» Problem to solve:
From the line below that contains "-- which a place" to the line that contains "CanWire (ssc_notified e) s = Unit", repeat every line exactly, both ends included, and nothing else.

» Data listing:
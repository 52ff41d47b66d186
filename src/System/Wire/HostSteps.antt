-- ===== src/System/Wire/HostSteps.antt =====
-- What can come to the management process and the SSC, and a step of the management process.
use pi_ssc_ssd_ssa.Common.{
  ℕ, ◌+◌, ◌≡◌, refl, Bool, true, false, not, ◌&&◌, ◌==◌, Option, none, some, List, [], ◌∷◌, ◌++◌,
  map, arith, if_both, length, ltb, get_or, set, get_elem?, every, every-append, every-get_elem?,
  every-get_or, every-set,
}
use mathlib.Core.List.{map-append}
use pi_ssc_ssd_ssa.Public.{Entry}
use pi_ssc_ssd_ssa.Public.Message.{Msg}
use pi_ssc_ssd_ssa.Hlist.{Hlist}
use pi_ssc_ssd_ssa.MsgList.{ListHead}
use pi_ssc_ssd_ssa.Pi.Db.{Env}
use pi_ssc_ssd_ssa.Pi.Handlers.{pthread_ds_fun}
use pi_ssc_ssd_ssa.Pi.Receive.{MsgQueue}
use pi_ssc_ssd_ssa.Pi.Server.{Fd, Answers, clients, send_loop, pi_send_msg_ssc}
use pi_ssc_ssd_ssa.Pi.Server.Places.{free_places}
use pi_ssc_ssd_ssa.Pi.Server.Overflow.{rejected}
use pi_ssc_ssd_ssa.Pi.Cli.{Net, Command}
use pi_ssc_ssd_ssa.Pi.Process.{polled, handled, called, Host, pi_step}
use pi_ssc_ssd_ssa.Pi.Process.Queue.{can_handle, can_read}
use pi_ssc_ssd_ssa.Pi.Process.Steps.{IsHost, step-IsHost, first_place}
use pi_ssc_ssd_ssa.Pi.Process.Writes.{poll_step-sent, deal_info_func-sent, cli_step-sent}
use pi_ssc_ssd_ssa.Ssc.Comm.{Platform}
use pi_ssc_ssd_ssa.Ssc.Process.{reading, connect, read_failed, sync, looked}
use pi_ssc_ssd_ssa.Ssc.Process.Alive.{can_come}
use pi_ssc_ssd_ssa.System.Wire.{
  WireEvent, pi_polled, pi_handled, pi_called, ds_begun, ds_sent, ssc_connected, ssc_read,
  ssc_read_failed, ssc_notified, ssc_synced, ssc_looked, Wire, to_ssc, to_pi, only, silent,
  pi_polled_step, ds_begun_step, ds_sent_step, wire_step,
}
use pi_ssc_ssd_ssa.System.Wire.Kinds.{can_ssc, order-can_ssc, ds-can_ssc, IsWire}

module _ (H : Hlist Entry) (L : ListHead MsgQueue) where
  -- What a place reads, if the message it reads can be handled.
  only-can_read :
      (place : ℕ) (m : Msg) → can_handle m ≡ true → (i : ℕ) → can_read (only H L place m i) ≡ true
  only-can_read place m can i =
      if_both (λ (o : Option Msg). can_read o ≡ true) (i == place) (some m) none can refl

  -- A thread that has a message left.
  abbrev Sends : ℕ → Wire H L → Type 0
  Sends k s = (m : Msg) × (rest : List Msg) × (get_or s.ds k [] ≡ m ∷ rest)

  module _ (env : Env) (platform : Platform) where
    -- What can come: a round of the server while there is a place for a client or `accept` fails, in
    -- which a place reads a message that is on the wire, or none does; a round of the handling thread;
    -- a command with memory for its message; a thread of `pthread_ds_fun` that was made, or has a
    -- message left and memory for it; and what can come to the SSC, which reads a message that is on
    -- the wire. Nothing is said about what is in the messages.
    abbrev pub CanWire : WireEvent → Wire H L → Type 0
    CanWire (pi_polled mem a from) s =
        ((free_places (clients s.host.server.g_client) == 0 && not (rejected a)) ≡ false)
        × (elim from [
          | none ↦ Unit
          | some (place, skip) ↦
              (m : Msg) × (get_elem? (to_pi H L s) (s.read_by_pi + skip) ≡ some m)
        ])
    CanWire (pi_handled e create) s = Unit
    CanWire (pi_called e net junk cmd) s = net.mem ≡ true
    CanWire (ds_begun junk) s = ltb (length s.ds) s.host.pi.threads ≡ true
    CanWire (ds_sent net k) s = (net.mem ≡ true) × Sends k s
    CanWire (ssc_connected ok create) s =
        can_come H env platform (connect ok create) s.process ≡ true
    CanWire (ssc_read skip) s =
        (s.process.link ≡ reading)
        × (m : Msg) × (get_elem? (to_ssc H L s) (s.read_by_ssc + skip) ≡ some m)
    CanWire (ssc_read_failed opened) s =
        can_come H env platform (read_failed opened) s.process ≡ true
    CanWire (ssc_notified e) s = Unit
    CanWire (ssc_synced k) s = can_come H env platform (sync k) s.process ≡ true
    CanWire ssc_looked s = can_come H env platform looked s.process ≡ true

    abbrev pub Steps : WireEvent → Wire H L → Type 0
    Steps e s = (s' : Wire H L) × (wire_step H L env platform e s ≡ some s') × IsWire H L s'

    -- The management process goes on, and writes nothing.
    silent_step :
        (s : Wire H L) (h : Host H L) (n : ℕ)
        → IsWire H L s
        → IsHost H L h
        → h.sent ≡ s.host.sent
        → IsWire H L (record s { host = h; read_by_pi = n })
    silent_step s h n v w e = record {
      host_ok = w;
      db_ok = v.db_ok;
      pi_can = v.pi_can;
      ssc_can = rw e v.ssc_can;
      ds_can = v.ds_can;
    }

    pub polled-Steps :
        (mem : Bool) (a : Answers) (from : Option (ℕ × ℕ)) (s : Wire H L)
        → IsWire H L s
        → CanWire (pi_polled mem a from) s
        → Steps (pi_polled mem a from) s
    unfolding wire_step pi_polled_step pi_step
    polled-Steps mem a none s v (room, from) =
        let a' = record a { reads = silent H L } in
        let (h, run, w) = step-IsHost H L (polled mem a') s.host v.host_ok (room, λ i. refl) in
        (
          record s { host = h },
          simp run,
          silent_step s h s.read_by_pi v w (poll_step-sent H L mem a' s.host h run),
        )
    polled-Steps mem a (some (place, skip)) s v (room, waiting) =
        let (m, there) = waiting in
        let a' = record a { reads = only H L place m } in
        let can = every-get_elem? can_handle (to_pi H L s) _ m v.pi_can there in
        let (h, run, w) =
          step-IsHost H L (polled mem a') s.host v.host_ok (room, only-can_read place m can) in
        (
          record s { host = h; read_by_pi = s.read_by_pi + skip + 1 },
          simp (there, run),
          silent_step s h _ v w (poll_step-sent H L mem a' s.host h run),
        )

    pub handled-Steps :
        (e : Env) (create : Bool) (s : Wire H L) → IsWire H L s → Steps (pi_handled e create) s
    unfolding wire_step pi_step
    handled-Steps e create s v =
        let (h, run, w) = step-IsHost H L (handled e create) s.host v.host_ok tt in
        (
          record s { host = h },
          simp run,
          silent_step s h s.read_by_pi v w (deal_info_func-sent H L e create s.host h run),
        )

    -- The management process writes messages that the SSC can handle.
    written :
        (s : Wire H L) (h : Host H L) (more : List (Msg × List ℕ)) (ds : List (List Msg))
        → IsWire H L s
        → IsHost H L h
        → h.sent ≡ s.host.sent ++ more
        → every can_ssc (map (λ (m : Msg × List ℕ). m.0) more) ≡ true
        → every (every can_ssc) ds ≡ true
        → IsWire H L (record s { host = h; ds = ds })
    written s h more ds v w e can d = record {
      host_ok = w;
      db_ok = v.db_ok;
      pi_can = v.pi_can;
      ssc_can =
          rw (e, map-append (λ (m : Msg × List ℕ). m.0) s.host.sent more)
            (every-append can_ssc _ _ v.ssc_can can);
      ds_can = d;
    }

    pub called-Steps :
        (e : Env) (net : Net) (junk : ℕ) (cmd : Command) (s : Wire H L)
        → IsWire H L s
        → net.mem ≡ true
        → Steps (pi_called e net junk cmd) s
    unfolding wire_step pi_step
    called-Steps e net junk cmd s v mem =
        let (h, run, w) = step-IsHost H L (called e net junk cmd) s.host v.host_ok mem in
        let (fds, sent) = cli_step-sent H L e net junk cmd s.host h v.host_ok mem run in
        (
          record s { host = h },
          simp run,
          written s h _ s.ds v w sent (order-can_ssc H L junk cmd fds) v.ds_can,
        )

    pub ds_begun-Steps :
        (junk : ℕ) (s : Wire H L)
        → IsWire H L s
        → ltb (length s.ds) s.host.pi.threads ≡ true
        → Steps (ds_begun junk) s
    unfolding wire_step ds_begun_step every
    ds_begun-Steps junk s v made =
        let ds = pthread_ds_fun H junk s.host.pi.db ∷ s.ds in
        (
          record s { ds = ds },
          rw (made, ds_begun_step) refl,
          record {
            host_ok = v.host_ok;
            db_ok = v.db_ok;
            pi_can = v.pi_can;
            ssc_can = v.ssc_can;
            ds_can = ground (arith, ds-can_ssc H L junk s.host, v.ds_can);
          },
        )

    ds_sent-run :
        (net : Net) (k : ℕ) (s : Wire H L) (m : Msg) (rest : List Msg) (listening : Fd)
        (l : List Fd)
        → net.mem ≡ true
        → get_or s.ds k [] ≡ m ∷ rest
        → s.host.server.g_client ≡ listening ∷ l
        → wire_step H L env platform (ds_sent net k) s
          ≡ some (record s {
            host = record s.host {
              sent = s.host.sent ++ ((m, send_loop net.wrote listening l) ∷ []);
            };
            ds = set s.ds k rest;
          })
    unfolding wire_step ds_sent_step pi_send_msg_ssc
    ds_sent-run net k s m rest listening l mem next g = rw (next, ds_sent_step, g, mem) refl

    pub ds_sent-Steps :
        (net : Net) (k : ℕ) (s : Wire H L)
        → IsWire H L s
        → CanWire (ds_sent net k) s
        → Steps (ds_sent net k) s
    unfolding every
    ds_sent-Steps net k s v (mem, left) =
        let (m, rest, next) = left in
        let (listening, l, g) = first_place s.host.server.g_client v.host_ok.server_ok.size in
        let sent : Msg × List ℕ = (m, send_loop net.wrote listening l) in
        let h = record s.host { sent = s.host.sent ++ (sent ∷ []) } in
        let there : every can_ssc (m ∷ rest) ≡ true =
          rw next at (every-get_or (every can_ssc) s.ds k [] v.ds_can refl) in
        let w : IsHost H L h = record {
          db_ok = v.host_ok.db_ok;
          server_ok = v.host_ok.server_ok;
          queue_ok = v.host_ok.queue_ok;
        } in
        (
          record s { host = h; ds = set s.ds k rest },
          ds_sent-run net k s m rest listening l mem next g,
          written s h (sent ∷ []) (set s.ds k rest) v w refl (ground (arith, there))
              (every-set (every can_ssc) s.ds k rest v.ds_can (ground (arith, there))),
        )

» Response:
    -- which a place reads a message that is on the wire, or none does; a round of the handling thread;
    -- a command with memory for its message; a thread of `pthread_ds_fun` that was made, or has a
    -- message left and memory for it; and what can come to the SSC, which reads a message that is on
    -- the wire. Nothing is said about what is in the messages.
    abbrev pub CanWire : WireEvent → Wire H L → Type 0
    CanWire (pi_polled mem a from) s =
        ((free_places (clients s.host.server.g_client) == 0 && not (rejected a)) ≡ false)
        × (elim from [
          | none ↦ Unit
          | some (place, skip) ↦
              (m : Msg) × (get_elem? (to_pi H L s) (s.read_by_pi + skip) ≡ some m)
        ])
    CanWire (pi_handled e create) s = Unit
    CanWire (pi_called e net junk cmd) s = net.mem ≡ true
    CanWire (ds_begun junk) s = ltb (length s.ds) s.host.pi.threads ≡ true
    CanWire (ds_sent net k) s = (net.mem ≡ true) × Sends k s
    CanWire (ssc_connected ok create) s =
        can_come H env platform (connect ok create) s.process ≡ true
    CanWire (ssc_read skip) s =
        (s.process.link ≡ reading)
        × (m : Msg) × (get_elem? (to_ssc H L s) (s.read_by_ssc + skip) ≡ some m)
    CanWire (ssc_read_failed opened) s =
        can_come H env platform (read_failed opened) s.process ≡ true
    CanWire (ssc_notified e) s = Unit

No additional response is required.